IOH 96 Hr Outlook (1800Z Jun 22)...15% chance of tropical cyclone formation (northwestern Atlantic near 39N-62W)

IOH 120 Hr Outlook (1800Z Jun 23)...5% chance of tropical cyclone formation (northwestern Atlantic near 40N-60W)


...COMPUTER MODEL SUMMARY...

Source...Florida State University Experimental Forecast Tropical Cyclone Genesis Potential Fields (http://moe.met.fsu.edu/tcgengifs/)


1200Z CMC Model Run...For area of interest #1...mature surface low pressure shown forming in the northwest Atlantic near 39N-65W at 90 hours...drifts eastward to 39N-63W by 120 hours.
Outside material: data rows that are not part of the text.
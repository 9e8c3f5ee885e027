-- ===== src/Timers.antt =====
-- class TimerSet of ydx_timer_set.h and ydx_timer_set.cpp, with Timer of ydx_timer.h and
-- ydx_timer.cpp: timers in the order of their expiry, on the loop's thread. A timer is known by its
-- address; times are microseconds since the epoch. `none` is a use of a deleted timer or a failed
-- assertion.
pub mod Expiry
pub mod Cancel
pub mod Live
pub mod Alone
pub mod Erase
pub mod Life
pub mod Close
pub mod Posted
pub mod Descriptor
mod Tests
use network_ydxlib.Base.{
  ℕ, ◌+◌, ◌-◌, ◌*◌, ◌/◌, ◌%◌, ◌^◌, Bool, true, false, ◌&&◌, ◌||◌, Option, none, some, List, [], ◌∷◌,
  ◌++◌, ltb, ◌==◌, if◌then◌else◌,
}

-- `interval` is `interval_ * micro_seconds_per_sec`, cut to an integer.
pub record Timer : Type 0 where
  pub expiration : ℕ
  pub interval : ℕ
  pub repeats : Bool

-- `timers` gives the timer at an address, `none` once it is deleted. `alarm` is the last setting of
-- the timerfd, in seconds and nanoseconds from then on, and `ran` lists the timers run.
pub record TimerSet : Type 0 where
  pub container : List (ℕ × ℕ)
  pub timers : ℕ → Option Timer
  pub alarm : Option (ℕ × ℕ)
  pub ran : List ℕ

-- The largest address, which the sentry has.
abbrev pub uintptr_max : ℕ
uintptr_max = 2 ^ 64 - 1

-- The order of `std::pair`.
unfoldable pub before : ℕ × ℕ → ℕ × ℕ → Bool
before (t, p) (u, q) = ltb t u || ((t == u) && ltb p q)

-- The entry `x` goes before `y`, behind it where `rest` has it, or is there already.
unfoldable pub insert_at :
    ℕ × ℕ → ℕ × ℕ → List (ℕ × ℕ) → (rest : Option (List (ℕ × ℕ))) → Option (List (ℕ × ℕ))
unfolding before
insert_at x y ys none = if before x y then some (x ∷ y ∷ ys) else none
insert_at x y ys (some zs) =
    if before x y then some (x ∷ y ∷ ys) else if before y x then some (y ∷ zs) else none

-- `std::set::insert`; `none` where the entry is there already, which the source asserts against.
unfoldable pub insert_entry : ℕ × ℕ → List (ℕ × ℕ) → Option (List (ℕ × ℕ))
unfolding insert_at
insert_entry x [] = some (x ∷ [])
insert_entry x (y ∷ ys) = insert_at x y ys (insert_entry x ys)

unfoldable pub erase_entry : ℕ × ℕ → List (ℕ × ℕ) → List (ℕ × ℕ)
erase_entry x [] = []
erase_entry x (y ∷ ys) = if (x.0 == y.0) && (x.1 == y.1) then ys else y ∷ erase_entry x ys

-- `howMuchTimeFromNow`; a difference below 100, negative ones included, becomes 100.
unfoldable pub how_much : (when now : ℕ) → ℕ × ℕ
how_much when now =
    let microseconds = if ltb (when - now) 100 then 100 else when - now in
    (microseconds / 1000000, microseconds % 1000000 * 1000)

unfoldable pub reset_timerfd : (when now : ℕ) → TimerSet → TimerSet
unfolding how_much
reset_timerfd when now s = record s { alarm = some (how_much when now) }

abbrev pub put : ℕ → Option Timer → TimerSet → TimerSet
put p t s = record s { timers = λ q. if p == q then t else s.timers q }

unfoldable pub is_earliest : ℕ → List (ℕ × ℕ) → Bool
is_earliest when [] = true
is_earliest when (x ∷ xs) = ltb when x.0

-- `insert`, of the timer `t` at `p`.
unfoldable pub insert : ℕ → Timer → TimerSet → Option (Bool × TimerSet)
unfolding is_earliest insert_entry
insert p t s = elim (insert_entry (t.expiration, p) s.container) [
  | none ↦ none
  | some xs ↦ some (is_earliest t.expiration s.container, record s { container = xs })
]

unfoldable pub add_timer_in_loop : ℕ → (now : ℕ) → TimerSet → Option TimerSet
unfolding insert reset_timerfd
add_timer_in_loop p now s = elim (s.timers p) [
  | none ↦ none
  | some t ↦ elim (insert p t s) [
    | none ↦ none
    | some (earliest, s') ↦ some (if earliest then reset_timerfd t.expiration now s' else s')
  ]
]

unfoldable pub cancel_in_loop : ℕ → TimerSet → Option TimerSet
unfolding erase_entry
cancel_in_loop p s = elim (s.timers p) [
  | none ↦ none
  | some t ↦ some (put p none (record s { container = erase_entry (t.expiration, p) s.container }))
]

-- The entries before `lower_bound(sentry)`, and the others.
unfoldable pub split : (now : ℕ) → List (ℕ × ℕ) → List (ℕ × ℕ) × List (ℕ × ℕ)
unfolding before
split now [] = ([], [])
split now (x ∷ xs) =
    let (front, back) = split now xs in
    if before x (now, uintptr_max) then (x ∷ front, back) else ([], x ∷ xs)

unfoldable pub is_later : (now : ℕ) → List (ℕ × ℕ) → Bool
is_later now [] = true
is_later now (x ∷ xs) = ltb now x.0

unfoldable pub get_expired : (now : ℕ) → TimerSet → Option (List (ℕ × ℕ) × TimerSet)
unfolding split is_later
get_expired now s =
    let (front, back) = split now s.container in
    if is_later now back then some (front, record s { container = back }) else none

unfoldable pub restart : (now : ℕ) → Timer → Timer
restart now t = record t { expiration = if t.repeats then now + t.interval else 0 }

-- One timer that has run: put back if it repeats, deleted if not.
unfoldable pub put_back : (now : ℕ) → ℕ → Timer → TimerSet → Option TimerSet
unfolding restart insert
put_back now p t s =
    if t.repeats
    then elim (insert p (restart now t) (put p (some (restart now t)) s)) [
      | none ↦ none
      | some (earliest, s') ↦ some s'
    ]
    else some (put p none s)

unfoldable pub put_all : (now : ℕ) → List (ℕ × ℕ) → TimerSet → Option TimerSet
unfolding put_back
put_all now [] s = some s
put_all now (x ∷ xs) s = elim (s.timers x.1) [
  | none ↦ none
  | some t ↦ elim (put_back now x.1 t s) [ none ↦ none | some s' ↦ put_all now xs s' ]
]

-- The timer of the first entry sets the alarm; `later` is the time when it is set.
unfoldable pub set_alarm : (later : ℕ) → List (ℕ × ℕ) → TimerSet → Option TimerSet
unfolding reset_timerfd
set_alarm later [] s = some s
set_alarm later (x ∷ xs) s = elim (s.timers x.1) [
  | none ↦ none
  | some t ↦ some (if ltb 0 t.expiration then reset_timerfd t.expiration later s else s)
]

unfoldable pub reset : List (ℕ × ℕ) → (now later : ℕ) → TimerSet → Option TimerSet
unfolding put_all set_alarm
reset expired now later s = elim (put_all now expired s) [
  | none ↦ none
  | some s' ↦ set_alarm later s'.container s'
]

-- `reset`, once the expired timers have run.
unfoldable pub finish : List (ℕ × ℕ) → (now later : ℕ) → Option TimerSet → Option TimerSet
unfolding reset
finish expired now later none = none
finish expired now later (some s) = reset expired now later s

-- The constructor, but for the channel of the timerfd; `timers` are the program's other timers.
abbrev pub new_timer_set : (timers : ℕ → Option Timer) → TimerSet
new_timer_set timers = record { container = []; timers = timers; alarm = none; ran = [] }

-- The destructor deletes the timers of all entries; `none` is a timer deleted before.
unfoldable pub delete_all : List (ℕ × ℕ) → TimerSet → Option TimerSet
delete_all [] s = some s
delete_all (x ∷ xs) s = elim (s.timers x.1) [
  | none ↦ none
  | some t ↦ delete_all xs (put x.1 none s)
]

unfoldable pub close : TimerSet → Option TimerSet
unfolding delete_all
close s = delete_all s.container s

module _ (callback : ℕ → TimerSet → Option TimerSet) where
  -- `it->second->run()` of each expired timer; what a timer's function does is an argument.
  unfoldable pub run_all : List (ℕ × ℕ) → TimerSet → Option TimerSet
  run_all [] s = some s
  run_all (x ∷ xs) s = elim (s.timers x.1) [
    | none ↦ none
    | some t ↦ elim (callback x.1 (record s { ran = s.ran ++ (x.1 ∷ []) })) [
      | none ↦ none
      | some s' ↦ run_all xs s'
    ]
  ]

  unfoldable pub run_expired : (now later : ℕ) → Option (List (ℕ × ℕ) × TimerSet) → Option TimerSet
  unfolding run_all
  run_expired now later none = none
  run_expired now later (some (expired, s)) = finish expired now later (run_all expired s)

  unfoldable pub handle_read : (now later : ℕ) → TimerSet → Option TimerSet
  unfolding get_expired run_expired
  handle_read now later s = run_expired now later (get_expired now s)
1200Z ECMWF Model Run...For area of interest #1...no tropical cyclone formation shown...but an east-west surface trough shown to form just offshore of the mid-Atlantic coast of the United States by 72 hours...shifting east-northeast into the open northwest Atlantic and losing its definition by 120 hours. Elsewhere...defined surface low pressure spin shown developing in the open central Atlantic near 30N-48W from 72 to 120 hours.


1200Z GFS Model Run...For area of interest #1...weak surface low pressure area shown to form west of Bermuda near 33N-69W at 60 hours which then moves into the open northwest Atlantic where it reaches peak strength near 40N-62W by 102 hours...begins weakening by 120 hours while located near 41N-59W.


1200Z NAVGEM Model Run...For area of interest #1...surface low pressure shown forming in the northwest Atlantic near 39N-66W at 78 hours...strengthens further while drifting eastward to 39.5N-60.5W by 120 hours.